Some photos from the start of the process. Few days before Memorial day weekend we decided it would be cool to have a black roof before peeling it all off- so we did that first.










Start of MDW I did some more by myself. Then had five friends come over for MDW drinking and peeling plastidip. It took us the whole weekend. I don't have a finished shot yet, will get one tonight.

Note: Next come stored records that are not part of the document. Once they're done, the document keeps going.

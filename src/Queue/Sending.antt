-- ===== src/Queue/Sending.antt =====
-- queue_send: the states it acts on and the ways it ends.
use ohmylib.Prelude.{ℕ, ◌<◌, ◌≡◌, ◌≢◌, ◌⊎◌, inl, inr, refl, arith, true, false}
use ohmylib.Prelude.{some, none, List, [], ◌∷◌, ◌++◌, read_bytes}
use ohmylib.Prelude.{Bool-cases}
use ohmylib.Prelude.Int.{ℤ, pos}
use ohmylib.Queue.State.{Queue, Shared, returns, fails, enospc}
use ohmylib.Queue.State.{queue_is_full_locked}
use ohmylib.Queue.Deadline.{Timespec}
use ohmylib.Queue.Transfer.{
  Wake, Waited, Outcome, queue_send_wait, queue_send, queue_put, send_waited,
}
use ohmylib.Queue.Layout.{IsValid}
use ohmylib.Queue.Contents.{contents}
use ohmylib.Queue.Refine.{queue_put-IsValid, queue_put_lem}
use ohmylib.Queue.Waiting.{
  AllLeave, EndsWaiting, IsSeen, Sendable, wait_loop_keeps, wait_loop-IsSeen, wait_loop_finishes,
  IsSeen-first,
}

-- How a call of queue_send ends, from the state `t` on which it acts.
abbrev pub SendEnds : ℕ → Outcome → Shared → Type 0
SendEnds p o t =
    (o.reply ≡ none)
    ⊎ ((o.reply ≡ some (fails enospc)) × (o.shared ≡ some t) × (t.queue.avail ≡ t.queue.nmemb))
    ⊎ ((o.reply ≡ some (returns (pos 0)))
        × (o.shared ≡ some (queue_put p t))
        × IsValid (queue_put p t).queue
        × (contents (queue_put p t) ≡ contents t ++ (read_bytes t.memory p t.queue.size ∷ [])))

full_avail : (q : Queue) → queue_is_full_locked q ≡ true → q.avail ≡ q.nmemb
unfolding queue_is_full_locked
full_avail q e = ground arith

room_avail : (q : Queue) → IsValid q → queue_is_full_locked q ≡ false → q.avail < q.nmemb
unfolding queue_is_full_locked
room_avail q v e = ground arith

module _ (now : Timespec) (timeout : ℤ) (p : ℕ) where
  send_ends :
      (t : Shared)
      → IsValid t.queue
      → queue_is_full_locked t.queue ≡ false
      → (contents (queue_put p t) ≡ contents t ++ (read_bytes t.memory p t.queue.size ∷ []))
        × IsValid (queue_put p t).queue
  send_ends t v e = (
    queue_put_lem t p v (room_avail t.queue v e),
    queue_put-IsValid t p v (room_avail t.queue v e),
  )

  send_waited_ends : (w : Waited) → IsValid w.shared.queue → SendEnds p (send_waited p w) w.shared
  send_waited_ends w v = elim (Bool-cases w.finished) [
    | inr e ↦ rw e (inl refl)
    | inl e ↦ elim (Bool-cases (queue_is_full_locked w.shared.queue)) [
      | inl full ↦ rw (e, full) (inr (inl (refl, refl, full_avail _ full)))
      | inr room ↦
          rw (e, room)
            (inr (inr (refl, refl, (send_ends w.shared v room).1, (send_ends w.shared v room).0)))
    ]
  ]

  -- If the queue is valid on entry and the other threads leave it valid at each return of the
  -- wait, then queue_send acts on one of the states it found: it has not returned, or it
  -- returns ENOSPC and leaves that state, which is full, or it returns 0 and the messages held
  -- are then the former ones with the sent one behind them, in a valid queue.
  pub queue_send_lem :
      (ws : List Wake) (s : Shared)
      → AllLeave Sendable ws
      → Sendable s
      → (t : Shared) × IsSeen s ws t
        × IsValid t.queue
        × SendEnds p (queue_send now ws (some s) p timeout) t
  unfolding queue_send queue_send_wait
  queue_send_lem ws s a v = elim (Bool-cases (queue_is_full_locked s.queue)) [
    | inr room ↦ (
      s,
      IsSeen-first s ws,
      v,
      rw room (inr (inr (refl, refl, (send_ends s v room).1, (send_ends s v room).0))),
    )
    | inl full ↦ (
      (queue_send_wait now timeout ws s).shared,
      wait_loop-IsSeen _ _ _ ws s 0,
      wait_loop_keeps _ _ _ Sendable ws s 0 a v,
      rw full (send_waited_ends _ (wait_loop_keeps _ _ _ Sendable ws s 0 a v)),
    )
  ]

  send_waited_replies : (w : Waited) → w.finished ≡ true → (send_waited p w).reply ≢ none
  send_waited_replies w e = elim (Bool-cases (queue_is_full_locked w.shared.queue)) [
    | inl full ↦ rw (e, full) (cc)
    | inr room ↦ rw (e, room) (cc)
  ]

  pub queue_send_returns :
      (ws : List Wake) (s : Shared)
      → EndsWaiting ws ⊎ (s.queue.avail ≢ s.queue.nmemb)
      → (queue_send now ws (some s) p timeout).reply ≢ none
  unfolding queue_send queue_send_wait
  queue_send_returns ws s h = elim (Bool-cases (queue_is_full_locked s.queue)) [
    | inr room ↦ rw room (cc)
    | inl full ↦
        rw full (
          send_waited_replies _
            (wait_loop_finishes _ _ _ ws s 0 (inr (ends h (full_avail _ full)))))
  ]
    where
      ends :
          EndsWaiting ws ⊎ (s.queue.avail ≢ s.queue.nmemb)
          → s.queue.avail ≡ s.queue.nmemb
          → EndsWaiting ws
      ends (inl e) full = e
      ends (inr ne) full = absurd (ne full)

It was cool while it lasted:


----------



## poopie (Feb 22, 2005)

the whole dip your car phenomenon is a little silly to me. that dude is making a killing though. he seems like he is just some shmoe off the street that decided to package this stuff together.


----------



## warranty225cpe (Dec 3, 2008)

I agree with you. Plastidip has its place. I still plan on doing a flat metallic silver on my mirrors. I have a feeling it's gonna be the cats ars:thumbup:


----------



## TheDeckMan (Sep 26, 2004)

Glad to hear you are going back to the real paint Doug :laugh: GF must be a lot happier


----------



## taverncustoms (Feb 18, 2011)

I'm not a sales guy for the stuff i just think it should be properly done and then a review. already you stated too cold when done and too thin. so untill corectly done im gonna say operator error?


----------



## Doooglasss (Aug 28, 2009)

taverncustoms said:


> I'm not a sales guy for the stuff i just think it should be properly done and then a review. already you stated too cold when done and too thin. so untill corectly done im gonna say operator error?


Fully agree user error

However the overspray and other headaches made me not want to re-do it white. Staining and dirt even on smooth parts wouldn't come off. I understand why doing flat black is popular.


----------



## taverncustoms (Feb 18, 2011)

IMO 3m di-noc is 10X better


----------



## taverncustoms (Feb 18, 2011)

DougLoBue said:


> Fully agree user error
> 
> However the overspray and other headaches made me not want to re-do it white. Staining and dirt even on smooth parts wouldn't come off. I understand why doing flat black is popular.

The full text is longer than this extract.